Depois de janeiro trazer o silêncio do repouso profundo, fevereiro chega ao olival com ferramentas afiadas e mãos experientes. Este é o mês em que o olivicultor conversa com cada árvore, decidindo quais ramos ficam e quais partem — um diálogo entre tradição e conhecimento que moldará a próxima colheita.


Enquanto a tesoura de poda desenha o futuro das oliveiras, nas aldeias transmontanas os Caretos saem à rua em rituais ancestrais que também celebram a renovação: o fim do inverno e a promessa da primavera que se aproxima.


Fevereiro é o mês das mãos que moldam — seja a copa da oliveira ou o destino da comunidade.


A Poda da Oliveira: arte milenar que exige sabedoria


Em Portugal, a poda das oliveiras realiza-se tradicionalmente entre fevereiro e abril, sendo fevereiro o mês de maior intensidade nos olivais transmontanos.

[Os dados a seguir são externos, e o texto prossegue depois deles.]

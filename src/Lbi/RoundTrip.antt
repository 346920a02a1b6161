-- ===== src/Lbi/RoundTrip.antt =====
-- Reading back a release file: entries that are written as KEY='VALUE', one to a line.
use lts_agent.Base.{
  ℕ, ◌+◌, ◌≡◌, refl, ap, ◌∙◌, subst, true, false, not, Bytes, [], ◌∷◌, ◌++◌, All, all, arith, lit,
  ◌==◌, some, is_empty, append_assoc,
}
use lts_agent.Go.Errors.{ok}
use lts_agent.Go.Maps.{Map, put}
use lts_agent.Go.Strings.{split, trim_space, has_prefix}
use lts_agent.Go.Strings.Parts.{is_free, split-append, cut-append, cut_last-append}
use lts_agent.Go.Strings.Trim.{all-append, is_visible, trim_space-visible, trim_space-between}
use lts_agent.Lbi.{Parsed, parse_value, parse_pair, parse_line, parse_lines, parse_release}

-- A line, without its newline.
abbrev entry_line : Bytes → Bytes → Bytes
entry_line key value = key ++ (b'=' ∷ b'\'' ∷ (value ++ (b'\'' ∷ [])))

abbrev pub render : Map → Bytes
render [] = []
render ((key, value) ∷ entries) = entry_line key value ++ (10 ∷ render entries)

-- `values[key] = value` for each entry in turn.
abbrev pub put_all : Map → Map → Map
put_all [] m = m
put_all ((key, value) ∷ entries) m = put_all entries (put key value m)

-- A key is not empty, has visible ASCII characters only and no `=`, and does not start a comment.
-- A value is any text without a newline.
pub record IsEntry (entry : Bytes × Bytes) : Type 0 where
  pub nonempty : is_empty entry.0 ≡ false
  pub visible : all is_visible entry.0 ≡ true
  pub plain : is_free b'=' entry.0 ≡ true
  pub no_comment : has_prefix (lit "#") entry.0 ≡ false
  pub one_line : is_free 10 entry.1 ≡ true

parse_value-quoted : (value : Bytes) → parse_value (b'\'' ∷ (value ++ (b'\'' ∷ []))) ≡ ok value
unfolding parse_value
parse_value-quoted value = ground (arith, cut_last-append b'\'' value)

parse_pair-entry :
    (number : ℕ) (key value : Bytes) (p : Parsed)
    → IsEntry (key, value)
    → parse_pair number (some (key, b'\'' ∷ (value ++ (b'\'' ∷ [])))) p ≡ (put key value p.0, p.1)
unfolding parse_pair
parse_pair-entry number key value p h =
    rw
      (
        trim_space-visible key h.visible,
        h.nonempty,
        trim_space-between b'\'' value b'\'' refl refl,
        parse_value-quoted value,
      )
      refl

trim_space-entry :
    (key value : Bytes)
    → IsEntry (key, value)
    → trim_space (entry_line key value) ≡ entry_line key value
trim_space-entry [] value h = ground (arith, h.nonempty)
trim_space-entry (c ∷ key) value h =
    let e : c ∷ ((key ++ (b'=' ∷ b'\'' ∷ value)) ++ (b'\'' ∷ [])) ≡ entry_line (c ∷ key) value =
      ap (λ s. c ∷ s) (append_assoc key (b'=' ∷ b'\'' ∷ value) (b'\'' ∷ [])) in
    subst (λ s. trim_space s ≡ s) e
      (trim_space-between c (key ++ (b'=' ∷ b'\'' ∷ value)) b'\'' (ground (arith, h.visible)) refl)

no_comment-entry :
    (c : ℕ) (key value : Bytes)
    → IsEntry (c ∷ key, value)
    → has_prefix (lit "#") (entry_line (c ∷ key) value) ≡ false
unfolding has_prefix lit
no_comment-entry c key value h = h.no_comment

parse_line-entry :
    (number : ℕ) (key value : Bytes) (p : Parsed)
    → IsEntry (key, value)
    → parse_line number (entry_line key value) p ≡ (put key value p.0, p.1)
unfolding parse_line
parse_line-entry number [] value p h = ground (arith, h.nonempty)
parse_line-entry number (c ∷ key) value p h =
    rw
      (
        trim_space-entry (c ∷ key) value h,
        no_comment-entry c key value h,
        cut-append b'=' (c ∷ key) (b'\'' ∷ (value ++ (b'\'' ∷ []))) h.plain,
      )
      (parse_pair-entry number (c ∷ key) value p h)

visible-one_line : (s : Bytes) → all is_visible s ≡ true → is_free 10 s ≡ true
visible-one_line [] h = refl
visible-one_line (c ∷ s) h = ground (arith, visible-one_line s)

entry_line-one_line :
    (key value : Bytes) → IsEntry (key, value) → is_free 10 (entry_line key value) ≡ true
entry_line-one_line key value h = rw all-append (
    ground (
      arith,
      visible-one_line key h.visible,
      all-append (λ c. not (c == 10)) value (b'\'' ∷ []),
      h.one_line,
    ))

parse_lines-render :
    (number : ℕ) (entries : Map) (values : Map)
    → All IsEntry entries
    → parse_lines number (split 10 (render entries)) (values, []) ≡ (put_all entries values, [])
unfolding parse_lines split parse_line trim_space
parse_lines-render number [] values h = refl
parse_lines-render number ((key, value) ∷ entries) values (h, hs) =
    let rest = split 10 (render entries) in
    ap (λ lines. parse_lines number lines (values, []))
      (split-append 10 (entry_line key value) (render entries) (entry_line-one_line key value h))
    ∙ ap (λ p. parse_lines (number + 1) rest p) (parse_line-entry number key value (values, []) h)
    ∙ parse_lines-render (number + 1) entries (put key value values) hs

-- Reading back a text that was written from entries gives no warning and the map that storing them
-- in order gives.
pub parse_release-render :
    (entries : Map)
    → All IsEntry entries
    → parse_release (render entries) ≡ (put_all entries [], [])
unfolding parse_release
parse_release-render entries h = parse_lines-render 1 entries [] h
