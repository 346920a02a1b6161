-- ===== src/Lbi/Tests.antt =====
-- A release file of internal/lbi/lbi.go, and an instance of the round trip.
use lts_agent.Base.{◌≡◌, refl, true, Bytes, [], ◌∷◌, lit, same}
use lts_agent.Go.Errors.{ok}
use lts_agent.Go.Maps.{Map, get}
use lts_agent.Go.Numbers.{show_nat}
use lts_agent.Go.Strings.{trim_space, split, cut, cut_last, has_prefix}
use lts_agent.Go.Unquote.{unquote}
use lts_agent.Go.Utf8.{rune_length}
use lts_agent.Lbi.{
  parse_value, store, parse_pair, parse_line, parse_lines, parse_release, collect_lbi,
  new_collector,
}
use lts_agent.Lbi.RoundTrip.{render, put_all, parse_release-render}

abbrev file : Bytes
file =
    lit
      "# image\n LBI_NAME = \"Base\\x20image\"\nLBI_VERSION='1.2'\n=3\nBASE_OS=debian\nLBI_BUILD='7\n"

collect_lbi-file : (collect_lbi (new_collector (λ path. ok file))).0 ≡ record {
  available = true;
  name = lit "Base image";
  short = [];
  version = lit "1.2";
  build = [];
  base_os = lit "debian";
  maintainer = [];
}
unfolding collect_lbi new_collector parse_release parse_lines parse_line parse_pair store
    parse_value trim_space split cut cut_last has_prefix unquote rune_length show_nat get same lit
collect_lbi-file = refl

abbrev entries : Map
entries = (lit "LBI_NAME", lit "it's") ∷ (lit "LBI_NAME", lit "a = b") ∷ []

parse_release-render_example : parse_release (render entries) ≡ (put_all entries [], [])
unfolding lit has_prefix
parse_release-render_example = parse_release-render entries (
  record { nonempty = refl; visible = refl; plain = refl; no_comment = refl; one_line = refl },
  (
    record { nonempty = refl; visible = refl; plain = refl; no_comment = refl; one_line = refl },
    tt,
  ),
)
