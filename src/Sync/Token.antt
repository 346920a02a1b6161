-- ===== src/Sync/Token.antt =====
-- internal/coresync/sync.go: the registration response and the node's identity.
use lts_agent.Base.{
  ℕ, ◌/◌, ◌%◌, ◌+◌, Bool, ◌||◌, Bytes, List, [], ◌∷◌, ◌++◌, lit, same, ◌==◌, if◌then◌else◌, within,
  ◌-◌, ltb,
}
use lts_agent.Go.Errors.{text, Result, ok, err, require, ◌>>=◌, ◌>>◌}
use lts_agent.Go.Numbers.{ℤ, pos, int_eq, show_int}
use lts_agent.Go.Regexp.{Regex, class, seq, upto, matches}
use lts_agent.Go.Json.Value.{Value}
use lts_agent.Go.Json.Decode.{decode_struct, int_into, string_into}
use lts_agent.Client.{validate_bearer}

abbrev pub state_schema_version : ℤ
state_schema_version = pos 1

abbrev pub wire_schema_version : ℤ
wire_schema_version = pos 1

abbrev pub alphanumeric : ℕ → Bool
alphanumeric c = within b'A' b'Z' c || within b'a' b'z' c || within b'0' b'9' c

abbrev pub is_node_byte : ℕ → Bool
is_node_byte c = alphanumeric c || c == b'.' || c == b'_' || c == b'-'

-- `^[A-Za-z0-9][A-Za-z0-9._-]{0,127}$`
abbrev pub node_id_pattern : Regex
node_id_pattern = seq (class alphanumeric) (upto 127 (class is_node_byte))

pub record StateDocument : Type 0 where
  pub schema_version : ℤ
  pub node_id : Bytes
  pub agent_token : Bytes

pub record RegistrationResponse : Type 0 where
  pub schema_version : ℤ
  pub node_id : Bytes
  pub agent_token : Bytes

abbrev pub state_names : List Bytes
state_names = lit "schema_version" ∷ lit "node_id" ∷ lit "agent_token" ∷ []

set_registration : Bytes → Value → RegistrationResponse → Result RegistrationResponse
set_registration name v r =
    if same name (lit "schema_version")
    then (do n ← int_into r.schema_version v; ok (record r { schema_version = n }))
    else if same name (lit "node_id")
    then (do s ← string_into r.node_id v; ok (record r { node_id = s }))
    else (do s ← string_into r.agent_token v; ok (record r { agent_token = s }))

-- `UnmarshalJSON` on the value that the client's decoder hands it.
unfoldable pub unmarshal_registration : Value → Result RegistrationResponse
unfolding set_registration
unmarshal_registration =
    decode_struct state_names set_registration
      (record { schema_version = pos 0; node_id = []; agent_token = [] })

-- An error of `ValidateBearer`, replaced by a message that does not depend on the token.
abbrev pub refuse_bearer : Bytes → Bytes → Result (Unit {0})
refuse_bearer token message = elim (validate_bearer token) [
  | ok _ ↦ ok tt
  | err _ ↦ err (text message)
]

-- The checks of `register` on the response, and the state made of it.
unfoldable pub check_registration : RegistrationResponse → Result StateDocument
check_registration r = do
  require (int_eq r.schema_version wire_schema_version) (
      text
        (lit "registration response has unsupported schema_version " ++ show_int r.schema_version))
  require (matches node_id_pattern r.node_id)
      (text (lit "registration response contains an invalid node_id"))
  refuse_bearer r.agent_token (lit "registration response contains an invalid agent_token")
  ok (record {
    schema_version = state_schema_version;
    node_id = r.node_id;
    agent_token = r.agent_token;
  })

-- The bytes that `url.PathEscape` leaves alone.
is_path_byte : ℕ → Bool
is_path_byte c =
    alphanumeric c
    || c == b'-'
    || c == b'_'
    || c == b'.'
    || c == b'~'
    || c == b'$'
    || c == b'&'
    || c == b'+'
    || c == b':'
    || c == b'='
    || c == b'@'

upper_hex : ℕ → ℕ
upper_hex n = if ltb n 10 then b'0' + n else b'A' + (n - 10)

-- `url.PathEscape`.
unfoldable pub path_escape : Bytes → Bytes
unfolding is_path_byte upper_hex
path_escape [] = []
path_escape (c ∷ s) =
    (if is_path_byte c then c ∷ [] else b'%' ∷ upper_hex (c / 16) ∷ upper_hex (c % 16) ∷ [])
    ++ path_escape s
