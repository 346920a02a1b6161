-- ===== src/Sync/State.antt =====
-- internal/coresync/sync.go: the document of the state file.
use lts_agent.Base.{Bytes, [], ◌++◌, lit, same, if◌then◌else◌}
use lts_agent.Go.Errors.{text, Result, ok, require, wrap_error, ◌>>=◌, ◌>>◌}
use lts_agent.Go.Numbers.{pos, int_eq, show_int}
use lts_agent.Go.Regexp.{matches}
use lts_agent.Go.Json.Value.{Value, str, obj, field, end}
use lts_agent.Go.Json.Decode.{decode_one, decode_struct, int_into, string_into}
use lts_agent.Inventory.Json.{int_value}
use lts_agent.Sync.Token.{
  StateDocument, state_names, state_schema_version, node_id_pattern, refuse_bearer,
}

set_state : Bytes → Value → StateDocument → Result StateDocument
set_state name v s =
    if same name (lit "schema_version")
    then (do n ← int_into s.schema_version v; ok (record s { schema_version = n }))
    else if same name (lit "node_id")
    then (do id ← string_into s.node_id v; ok (record s { node_id = id }))
    else (do token ← string_into s.agent_token v; ok (record s { agent_token = token }))

unfoldable pub decode_state : Value → Result StateDocument
unfolding set_state
decode_state =
    decode_struct state_names set_state
      (record { schema_version = pos 0; node_id = []; agent_token = [] })

-- The checks of `loadState` on the contents of the file.
unfoldable pub check_state : StateDocument → Result StateDocument
check_state s = do
  require (int_eq s.schema_version state_schema_version)
      (text (lit "Core state has unsupported schema_version " ++ show_int s.schema_version))
  require (matches node_id_pattern s.node_id) (text (lit "Core state contains an invalid node_id"))
  refuse_bearer s.agent_token (lit "Core state contains an invalid agent_token")
  ok s

unfoldable pub parse_state : Bytes → Result StateDocument
parse_state contents = do
  s ← wrap_error (lit "parse Core state: ") (decode_one decode_state contents)
  check_state s

-- The value that `writeState` encodes.
unfoldable pub state_value : StateDocument → Value
state_value s = obj (
    field (lit "schema_version") (int_value s.schema_version)
      (field (lit "node_id") (str s.node_id) (field (lit "agent_token") (str s.agent_token) end)))
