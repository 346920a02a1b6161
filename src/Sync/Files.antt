-- ===== src/Sync/Files.antt =====
-- internal/coresync/sync.go: the files that hold secrets, and the node's fingerprint.
use lts_agent.Base.{
  ℕ, ◌%◌, Bool, ◌&&◌, ◌||◌, not, Bytes, ◌++◌, lit, ◌==◌, if◌then◌else◌, all, length, map, is_empty,
}
use lts_agent.Go.Errors.{text, wrap, state_not_found, is_not_exist, Result, ok, err, require}
use lts_agent.Go.Action.{Action, pure, lift, wrapped, ◌>>=◌, ◌>>◌}
use lts_agent.Go.Numbers.{is_hex_digit, hex_encode}
use lts_agent.Go.Strings.{trim_space, lower_byte}
use lts_agent.Go.Json.Encode.{encode}
use lts_agent.Sync.Token.{StateDocument, refuse_bearer}
use lts_agent.Sync.State.{parse_state, state_value}

abbrev pub default_machine_id_path : Bytes
default_machine_id_path = lit "/etc/machine-id"

pub record Options : Type 0 where
  pub enabled : Bool
  pub agent_version : Bytes
  pub machine_id_path : Bytes
  pub enrollment_token_file : Bytes
  pub state_file : Bytes

-- `os.FileInfo`: the mode's type bits that the code tests, and its permission bits.
pub record FileInfo : Type 0 where
  pub is_symlink : Bool
  pub is_regular : Bool
  pub is_dir : Bool
  pub perm : ℕ

-- The filesystem and the clock, over a state `W` of the outside world. An open temporary file is
-- known by its name. `now` is the time in UTC as RFC 3339 text, `cancelled` is `ctx.Err() != nil`,
-- `dir` is `filepath.Dir` and `sum256` is `sha256.Sum256`.
pub record Dependencies (W : Type 0) : Type 0 where
  pub read_file : Bytes → Action W Bytes
  pub lstat : Bytes → Action W FileInfo
  pub mkdir_all : Bytes → ℕ → Action W (Unit {0})
  pub create_temp : Bytes → Bytes → Action W Bytes
  pub chmod : Bytes → ℕ → Action W (Unit {0})
  pub write : Bytes → Bytes → Action W (Unit {0})
  pub sync_file : Bytes → Action W (Unit {0})
  pub close : Bytes → Action W (Unit {0})
  pub rename : Bytes → Bytes → Action W (Unit {0})
  pub remove : Bytes → Action W (Unit {0})
  pub now : W → Bytes × W
  pub cancelled : W → Bool
  pub dir : Bytes → Bytes
  pub sum256 : Bytes → Bytes

-- `NewWithDependencies`, on the options.
unfoldable pub with_defaults : Options → Options
with_defaults options =
    if is_empty options.machine_id_path
    then record options { machine_id_path = default_machine_id_path }
    else options

-- `info.Mode().Perm()&0o077 == 0`: the low six bits of the mode are clear.
abbrev pub is_private : FileInfo → Bool
is_private info = info.perm % 64 == 0

unfoldable pub validate_secret_file : FileInfo → Bytes → Result (Unit {0})
validate_secret_file info name =
    if info.is_symlink || not info.is_regular
    then err (text (name ++ lit " must be a regular non-symlink file"))
    else require (is_private info)
        (text (name ++ lit " permissions must not grant group or world access"))

module _ {W : Type 0} (options : Options) (deps : Dependencies W) where
  unfoldable pub fingerprint : Action W Bytes
  fingerprint = do
    contents ← wrapped (lit "read machine ID: ") (deps.read_file options.machine_id_path)
    let machine_id = trim_space contents
    lift (
        require (length machine_id == 32 && all is_hex_digit machine_id)
          (text (lit "machine ID must contain 32 hexadecimal characters")))
    pure (hex_encode (deps.sum256 (lit "lts-agent-registration-v1:" ++ map lower_byte machine_id)))

  -- `Lstat` of the state file, where a missing file is the sentinel.
  unfoldable pub inspect_state : Action W FileInfo
  inspect_state w =
      let (r, w') = deps.lstat options.state_file w in
      elim r [
        | ok info ↦ (ok info, w')
        | err e ↦
            if is_not_exist e
            then (err state_not_found, w')
            else (err (wrap (lit "inspect Core state: ") e), w')
      ]

  unfoldable pub load_state : Action W StateDocument
  load_state = do
    info ← inspect_state
    lift (validate_secret_file info (lit "Core state"))
    contents ← wrapped (lit "read Core state: ") (deps.read_file options.state_file)
    lift (parse_state contents)

  unfoldable pub read_secret : Bytes → Bytes → Action W Bytes
  read_secret path name = do
    info ← wrapped (lit "inspect " ++ (name ++ lit ": ")) (deps.lstat path)
    lift (validate_secret_file info name)
    contents ← wrapped (lit "read " ++ (name ++ lit ": ")) (deps.read_file path)
    let token = trim_space contents
    lift (refuse_bearer token (name ++ lit " is invalid"))
    pure token

  -- The directory of the state file, made and checked.
  unfoldable pub prepare_directory : Bytes → Action W (Unit {0})
  prepare_directory directory = do
    deps.mkdir_all directory 0o700
    info ← deps.lstat directory
    lift (
        require (info.is_dir && not info.is_symlink)
          (text (lit "state directory must be a non-symlink directory")))
    lift (
        require (is_private info)
          (text (lit "state directory permissions must not grant group or world access")))

  -- `writeState` behind `CreateTemp`, without the deferred cleaning up.
  unfoldable pub fill_and_rename : Bytes → StateDocument → Action W (Unit {0})
  fill_and_rename temporary state = do
    deps.chmod temporary 0o600
    deps.write temporary (encode (state_value state))
    deps.sync_file temporary
    deps.close temporary
    deps.rename temporary options.state_file

  -- The deferred function: on an error the temporary file is closed and removed.
  unfoldable pub clean_up : Bytes → Result (Unit {0}) → Action W (Unit {0})
  clean_up temporary (ok _) w = (ok tt, w)
  clean_up temporary (err e) w = (err e, (deps.remove temporary (deps.close temporary w).1).1)

  unfoldable pub write_state : StateDocument → Action W (Unit {0})
  write_state state = do
    let directory = deps.dir options.state_file
    prepare_directory directory
    temporary ← deps.create_temp directory (lit ".state-*")
    (λ w. let (r, w') = fill_and_rename temporary state w in clean_up temporary r w')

Este período coincide com o fim do repouso vegetativo, quando a oliveira está preparada para receber a intervenção sem sofrer demasiado stress [1].


Olival e poda

A poda não é apenas técnica agrícola — é conhecimento transmitido de geração em geração, uma conversa entre o olivicultor e a árvore que exige observação, experiência e respeito. Cada corte tem consequências, cada ramo removido ou mantido influencia a próxima safra.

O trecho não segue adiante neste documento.